On the path to controlling high blood pressure, tolerability matters as much as efficacy—and a sweeping analysis of 716 clinical trials now shows which medication combinations patients are most likely to stick with long term. The study, which examined data from 159,362 participants, found that blood pressure drugs containing an angiotensin II receptor blocker (ARB) had the lowest rates of treatment discontinuation due to side effects, with some ARB regimens performing better than placebo itself.

The stakes of this research are enormous. The World Health Organization's Global Hypertension Report found that 1.4 billion people were living with hypertension in 2024—yet only slightly more than one in five of those diagnosed have their condition under control. Fear of side effects remains a major barrier to effective treatment, discouraging patients from starting medication, accepting higher doses, or staying on therapy long term.
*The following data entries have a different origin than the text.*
-- ===== src/Reconfigurable/Example.antt =====
-- reconfigurable/example.cpp and reconfigurable/AllReduce.cpp: All-Gathers on a network that is
-- reconfigured before them. What they print is the value that they return. Both leave out the last
-- argument of the manager's constructor, which has no default: here the circuit schedules are a parameter.
use astra_network_analytical.Base.{
  ℕ, zero, suc, List, [], ◌∷◌, if◌then◌else◌, ◌==◌, ◌≡◌, refl, Outcome, ok, fail, assertion, ◌>>=◌,
}
use astra_network_analytical.Base.Int.{ℤ, pos, negsuc}
use astra_network_analytical.Base.Maps.{find, put}
use astra_network_analytical.Double.{Double, of_nat}
use astra_network_analytical.Double.Rational.{Rational, rational_double}
use astra_network_analytical.EventQueue.{get_current_time, run, schedule_event}
use astra_network_analytical.Reconfigurable.State.{World}
use astra_network_analytical.Reconfigurable.Chunk.{
  new_chunk, current_device, next_device, get_size, mark_arrived_next_device,
}
use astra_network_analytical.Reconfigurable.Topology.{get_npus_count, get_devices_count}
use astra_network_analytical.Reconfigurable.Topology
use astra_network_analytical.Reconfigurable.Manager.{new_topology_manager, reconfigure, route, send}
use astra_network_analytical.Reconfigurable.Events.{invoke, start}

-- 1 MB.
abbrev chunk_size : ℕ
chunk_size = 1_048_576

-- What is printed: the NPUs, the devices and the time at which the simulation finished.
pub record Report : Type 0 where
  pub npus_count : ℕ
  pub devices_count : ℕ
  pub finish_time : ℕ

-- Without the time, which is not read, and the pointers to the manager and the queue.
pub record ScheduleSendArgs : Type 0 where
  pub src : ℕ
  pub dest : ℕ
  pub chunk_size : ℕ

module _ {W : Type 0} ⦃d : Double W⦄ where
  abbrev pub chunk_arrived_callback : ℕ → ℕ → World W → Outcome (World W)
  chunk_arrived_callback callback event_queue_ptr w = ok w

  -- The body of the inner loop behind its `continue`, and of simulate.cpp's send.
  unfoldable pub send_one : ℕ → ℕ → ℕ → World W → Outcome (World W)
  unfolding route new_chunk send
  send_one size i j w = do
    route ← route w i j
    chunk ← new_chunk size route 0 0 (negsuc 0)
    send chunk w

  -- The inner loop, for the destinations from `j`, with n rounds left.
  unfoldable pub send_to_all : ℕ → ℕ → ℕ → World W → Outcome (World W)
  unfolding send_one
  send_to_all zero i j w = ok w
  send_to_all (suc n) i j w = do
    w' ← (if i == j then ok w else send_one chunk_size i j w)
    send_to_all n i (suc j) w'

  -- The outer loop, for the sources from `i`, with n rounds left.
  unfoldable pub all_gather : ℕ → ℕ → ℕ → World W → Outcome (World W)
  unfolding send_to_all
  all_gather zero npus_count i w = ok w
  all_gather (suc n) npus_count i w = do
    w' ← send_to_all npus_count i 0 w
    all_gather n npus_count (suc i) w'

  -- The matrices of example.cpp.
  abbrev line_bandwidths : List (List W)
  line_bandwidths =
      (of_nat 0 ∷ of_nat 100 ∷ of_nat 0 ∷ [])
      ∷ (of_nat 100 ∷ of_nat 0 ∷ of_nat 100 ∷ [])
      ∷ (of_nat 0 ∷ of_nat 100 ∷ of_nat 0 ∷ [])
      ∷ []

  abbrev line_latencies : List (List W)
  line_latencies = let row = of_nat 10 ∷ of_nat 10 ∷ of_nat 10 ∷ [] in row ∷ row ∷ row ∷ []

  -- The matrices of AllReduce.cpp and of reschedule_callback, with this bandwidth between the two devices.
  abbrev pair_bandwidths : ℕ → List (List W)
  pair_bandwidths bandwidth =
      (of_nat 0 ∷ of_nat bandwidth ∷ []) ∷ (of_nat bandwidth ∷ of_nat 0 ∷ []) ∷ []

  abbrev pair_latencies : List (List W)
  pair_latencies = (of_nat 10 ∷ of_nat 20 ∷ []) ∷ (of_nat 20 ∷ of_nat 10 ∷ []) ∷ []

  -- The callbacks of example.cpp that nothing schedules.
  unfoldable reschedule_callback : World W → Outcome (World W)
  unfolding reconfigure
  reschedule_callback w = do
    (_, w') ← reconfigure (pair_bandwidths 20) pair_latencies (of_nat 500) (pos 0) w
    ok w'

  unfoldable schedule_send : ScheduleSendArgs → World W → Outcome (World W)
  unfolding route new_chunk send
  schedule_send args w = do
    route ← route w args.src args.dest
    chunk ← new_chunk args.chunk_size route 0 0 (pos 0)
    send chunk w

  -- `main` of example.cpp; the requests drop the answer of `reconfigure`.
  unfoldable example_main : ℕ → List (ℤ × List (List W)) → Outcome Report
  unfolding new_topology_manager reconfigure all_gather run invoke Topology.new_topology
  example_main fuel circuit_schedules = do
    topology ← Topology.new_topology {W = W} 3 3
    let npus_count = get_npus_count topology
    let devices_count = get_devices_count topology
    network ← new_topology_manager npus_count devices_count circuit_schedules
    (_, w) ← reconfigure line_bandwidths line_latencies (of_nat 500) (pos 0) (start network)
    sent ← all_gather npus_count npus_count 0 w
    done ← run (invoke chunk_arrived_callback) fuel sent
    ok (record {
      npus_count = npus_count;
      devices_count = devices_count;
      finish_time = get_current_time done.queue;
    })

  -- `main` of AllReduce.cpp.
  unfoldable all_reduce_main : ℕ → List (ℤ × List (List W)) → Outcome Report
  unfolding new_topology_manager reconfigure all_gather run invoke
  all_reduce_main fuel circuit_schedules = do
    network ← new_topology_manager 4 4 circuit_schedules
    (_, w) ← reconfigure (pair_bandwidths 200) pair_latencies (of_nat 500) (pos 0) (start network)
    sent ← all_gather 4 4 0 w
    (_, w') ← reconfigure (pair_bandwidths 20) pair_latencies (of_nat 500) (pos 0) sent
    sent' ← all_gather 4 4 0 w'
    done ← run (invoke chunk_arrived_callback) fuel sent'
    ok (record { npus_count = 4; devices_count = 4; finish_time = get_current_time done.queue })

-- The links are set at 500. The chunk from 0 to 2 leaves behind the one from 0 to 1, and goes on from 1.
example_report :
    example_main {W = Rational} 200 []
    ≡ ok (record { npus_count = 3; devices_count = 3; finish_time = 29815 })
unfolding example_main find put current_device next_device get_size mark_arrived_next_device
    schedule_event
example_report = refl

-- The matrices are for two devices, and the manager has four.
all_reduce_fails : all_reduce_main {W = Rational} 200 [] ≡ fail assertion
unfolding all_reduce_main find put
all_reduce_fails = refl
Between 30 and 80 percent of people newly prescribed blood pressure medication stop taking it within the first year, often because of headaches, fatigue, swollen ankles, and other unwelcome effects.

Researchers used network meta-analysis to compare different treatments simultaneously, even when they had never been tested directly against each other in the same trial. They focused on discontinuation rates driven by side effects, while also tracking four complaints that frequently drive patients away: headaches, dizziness, swelling, and coughing. The analysis ranked treatments using SUCRA (Surface Under the Cumulative Ranking Curve), creating a tolerability leaderboard.
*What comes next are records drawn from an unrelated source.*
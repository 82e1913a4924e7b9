-- ===== src/Codec/Cbo.antt =====
-- The conditional bitmap format (milli/src/heed_codec/roaring_bitmap/cbo_roaring_bitmap_codec.rs): up
-- to seven numbers are written as they are, four bytes each, larger sets as the bitmap library does.
pub mod Laws
pub mod Merge
mod Examples
use milli.Base.{
  ℕ, ◌*◌, Bool, true, false, List, [], ◌∷◌, ◌++◌, Option, none, some, length, leb, ◌==◌,
  if◌then◌else◌,
}
use milli.Bitmap.{Roaring}
use milli.Bitmap.Numbers.{sort, dedup}
use milli.Codec.Bytes.{write_all, read_all}

abbrev pub threshold : ℕ
threshold = 7

-- `io::Result` with its error left out.
infixl 5 ◌>>=◌
abbrev ◌>>=◌ : {A B : Type 0} → Option A → (A → Option B) → Option B
none >>= f = none
some a >>= f = f a

-- `big` tells whether the machine is big endian.
module _ (r : Roaring) (big : Bool) where
  open r use {
    Bitmap, new, insert, len, iter, union, from_sorted_iter, extend, serialize, deserialize,
  }

  unfoldable pub serialized_size : Bitmap → ℕ
  serialized_size roaring =
      if leb (len roaring) threshold then len roaring * 4 else r.serialized_size roaring

  unfoldable pub serialize_into : Bitmap → List ℕ → List ℕ
  serialize_into roaring vec =
      if leb (len roaring) threshold
      then vec ++ write_all big (iter roaring)
      else vec ++ serialize roaring

  unfoldable pub insert_all : List ℕ → Bitmap → Bitmap
  insert_all [] bitmap = bitmap
  insert_all (n ∷ ns) bitmap = insert_all ns (insert n bitmap)

  unfoldable pub deserialize_from : List ℕ → Option Bitmap
  unfolding insert_all
  deserialize_from bytes =
      if leb (length bytes) (threshold * 4)
      then some (insert_all (read_all big bytes) new)
      else deserialize bytes

  -- The loop of `merge_into` over the slices.
  unfoldable pub merge_slices : List (List ℕ) → Bitmap → List ℕ → Option (Bitmap × List ℕ)
  merge_slices [] roaring vec = some (roaring, vec)
  merge_slices (bytes ∷ slices) roaring vec = elim (leb (length bytes) (threshold * 4)) [
    | true ↦ merge_slices slices roaring (vec ++ read_all big bytes)
    | false ↦ deserialize bytes >>= λ bitmap. merge_slices slices (union roaring bitmap) vec
  ]

  -- The values of `vec` alone, sorted and without repetitions.
  write_values : List ℕ → List ℕ → Option (List ℕ)
  write_values vec buffer =
      if leb (length vec) threshold
      then some (buffer ++ write_all big vec)
      else (from_sorted_iter vec >>= λ roaring. some (buffer ++ serialize roaring))

  unfoldable pub write_merged : Bitmap × List ℕ → List ℕ → Option (List ℕ)
  unfolding write_values
  write_merged (roaring, vec) buffer =
      if len roaring == 0
      then write_values (dedup (sort vec)) buffer
      else some (buffer ++ serialize (extend roaring vec))

  -- The buffer is what was there, with the merged values behind.
  unfoldable pub merge_into : List (List ℕ) → List ℕ → Option (List ℕ)
  unfolding merge_slices
  merge_into slices buffer = merge_slices slices new [] >>= λ merged. write_merged merged buffer

  -- The codec: `BytesDecode` and `BytesEncode`.
  unfoldable pub bytes_decode : List ℕ → Option Bitmap
  unfolding deserialize_from
  bytes_decode bytes = deserialize_from bytes

  unfoldable pub bytes_encode : Bitmap → Option (List ℕ)
  unfolding serialize_into
  bytes_encode item = some (serialize_into item [])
The winner was clear: an ARB paired with a calcium channel blocker (CCB) emerged as the best-tolerated combination. ARBs dominated the top rankings overall, appearing in four of the five best-tolerated treatment options. This is significant because ARBs work by blocking a hormone that narrows blood vessels, allowing them to relax and blood to flow more freely—and apparently, this mechanism comes with minimal side effects for most patients.

The picture was less favorable for other regimens. Calcium channel blockers alone proved substantially more difficult for patients to tolerate, leading to higher discontinuation rates. Combinations pairing beta-blockers with diuretics also saw elevated rates of patients stopping treatment due to adverse effects. Interestingly, most blood pressure medications except CCBs were associated with fewer headaches than placebo, though CCBs themselves can cause headaches, possibly through a mechanism called cerebral vasodilation.
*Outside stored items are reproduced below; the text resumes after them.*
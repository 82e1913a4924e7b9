-- ===== src/Codec/Cbo/Laws.antt =====
-- Encoding, decoding and the size of one bitmap.
use milli.Base.{
  ℕ, ◌+◌, ◌*◌, ◌^◌, ◌≤◌, ◌<◌, Bool, true, false, ◌||◌, List, [], ◌∷◌, ◌++◌, some, length,
  length-append, leb, ◌≡◌, refl, ◌∙◌, arith, All, Bool-cases, inl, inr,
}
use milli.Bitmap.{Roaring, IsRoaring}
use milli.Bitmap.Numbers.{elem}
use milli.Codec.Bytes.{write_all, read_all, read_all-write_all, length-write_all}
use milli.Codec.Cbo.{threshold, serialized_size, serialize_into, insert_all, deserialize_from}

module _ (r : Roaring) (laws : IsRoaring r) (big : Bool) where
  open r use {Bitmap, contains, new, insert, len, iter, serialize, deserialize}

  pub contains-insert_all :
      (ns : List ℕ) (b : Bitmap) (n : ℕ)
      → All (λ n. n < 2 ^ 32) ns
      → contains (insert_all r big ns b) n ≡ contains b n || elem n ns
  unfolding insert_all
  contains-insert_all [] b n a = ground arith
  contains-insert_all (m ∷ ms) b n a =
      ground (arith, contains-insert_all ms (insert m b) n a.1, laws.contains-insert b m n a.0)

  -- A bitmap that was read from the plain numbers of `ns`.
  pub deserialize-plain :
      (ns : List ℕ)
      → length ns ≤ threshold
      → deserialize_from r big (write_all big ns)
        ≡ some (insert_all r big (read_all big (write_all big ns)) new)
  unfolding deserialize_from
  deserialize-plain ns short =
      let fits : leb (length (write_all big ns)) (threshold * 4) ≡ true =
        ground (arith, length-write_all big ns) in
      rw fits

  pub deserialize-long :
      (bytes : List ℕ) → 28 < length bytes → deserialize_from r big bytes ≡ deserialize bytes
  unfolding deserialize_from
  deserialize-long bytes long =
      let no_fit : leb (length bytes) (threshold * 4) ≡ false = ground arith in rw no_fit

  -- Decoded, the bytes give a bitmap of the same numbers.
  abbrev pub Decodes : List ℕ → (ℕ → Bool) → Type 0
  Decodes bytes holds =
      (c : Bitmap) × (deserialize_from r big bytes ≡ some c) × ((n : ℕ) → contains c n ≡ holds n)

  pub Decodes-plain :
      (ns : List ℕ)
      → length ns ≤ threshold
      → All (λ n. n < 2 ^ 32) ns
      → Decodes (write_all big ns) (λ n. elem n ns)
  Decodes-plain ns short fits =
      let read = read_all-write_all big ns fits in
      (
        insert_all r big (read_all big (write_all big ns)) new,
        deserialize-plain ns short,
        λ n. rw read (ground (arith, contains-insert_all ns new n fits, laws.contains-new n)),
      )

  pub Decodes-serialize :
      (b : Bitmap) (holds : ℕ → Bool)
      → 7 < len b
      → ((n : ℕ) → contains b n ≡ holds n)
      → Decodes (serialize b) holds
  Decodes-serialize b holds many same = (
    b,
    deserialize-long (serialize b) (laws.serialize_long b many) ∙ laws.deserialize-serialize b,
    same,
  )

  pub serialize_into-few :
      (b : Bitmap) (vec : List ℕ)
      → leb (len b) threshold ≡ true
      → serialize_into r big b vec ≡ vec ++ write_all big (iter b)
  unfolding serialize_into
  serialize_into-few b vec few = rw few

  pub serialize_into-many :
      (b : Bitmap) (vec : List ℕ)
      → leb (len b) threshold ≡ false
      → serialize_into r big b vec ≡ vec ++ serialize b
  unfolding serialize_into
  serialize_into-many b vec many = rw many

  -- A bitmap of any size, encoded and decoded again, holds the same numbers.
  pub deserialize-serialize_into : (b : Bitmap) → Decodes (serialize_into r big b []) (contains b)
  deserialize-serialize_into b = elim (Bool-cases (leb (len b) threshold)) [
    | inl few ↦
        rw (serialize_into-few b [] few)
          (go (Decodes-plain (iter b) (ground (arith, laws.len-iter b)) (laws.iter-fits b)))
    | inr many ↦
        rw (serialize_into-many b [] many)
          (Decodes-serialize b (contains b) (ground arith) (λ n. refl))
  ]
    where
      go :
          Decodes (write_all big (iter b)) (λ n. elem n (iter b))
          → Decodes (write_all big (iter b)) (contains b)
      go (c, e, same) = (c, e, λ n. same n ∙ laws.contains-iter b n)

  -- The size that is reserved is the number of bytes that are written.
  pub length-serialize_into :
      (b : Bitmap) (vec : List ℕ)
      → length (serialize_into r big b vec) ≡ length vec + serialized_size r big b
  unfolding serialized_size
  length-serialize_into b vec = elim (Bool-cases (leb (len b) threshold)) [
    | inl few ↦
        rw (serialize_into-few b vec few, few)
          (omega (
            arith,
            length-append vec (write_all big (iter b)),
            length-write_all big (iter b),
            laws.len-iter b,
          ))
    | inr many ↦
        rw (serialize_into-many b vec many, many)
          (omega (arith, length-append vec (serialize b), laws.length-serialize b))
  ]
The research fills a two-decade gap in comprehensive medication comparison. Until now, no study had systematically ranked how well people tolerate the three most common blood pressure drugs—ARBs, beta-blockers, and CCBs—or their various combinations. Each works through a different mechanism: beta-blockers slow heart rate and ease pressure on blood vessel walls, while CCBs prevent calcium from entering heart and blood vessel cells, helping vessels relax.

These findings matter because controlling hypertension is urgent work. Left unmanaged, high blood pressure quietly damages blood vessels and vital organs over time, making the heart work harder than normal. Yet medication only helps if patients actually take it. By identifying which drug combinations offer the gentlest side effect profiles, physicians can better match treatments to individual patients—turning tolerability from a barrier into a bridge toward long-term health.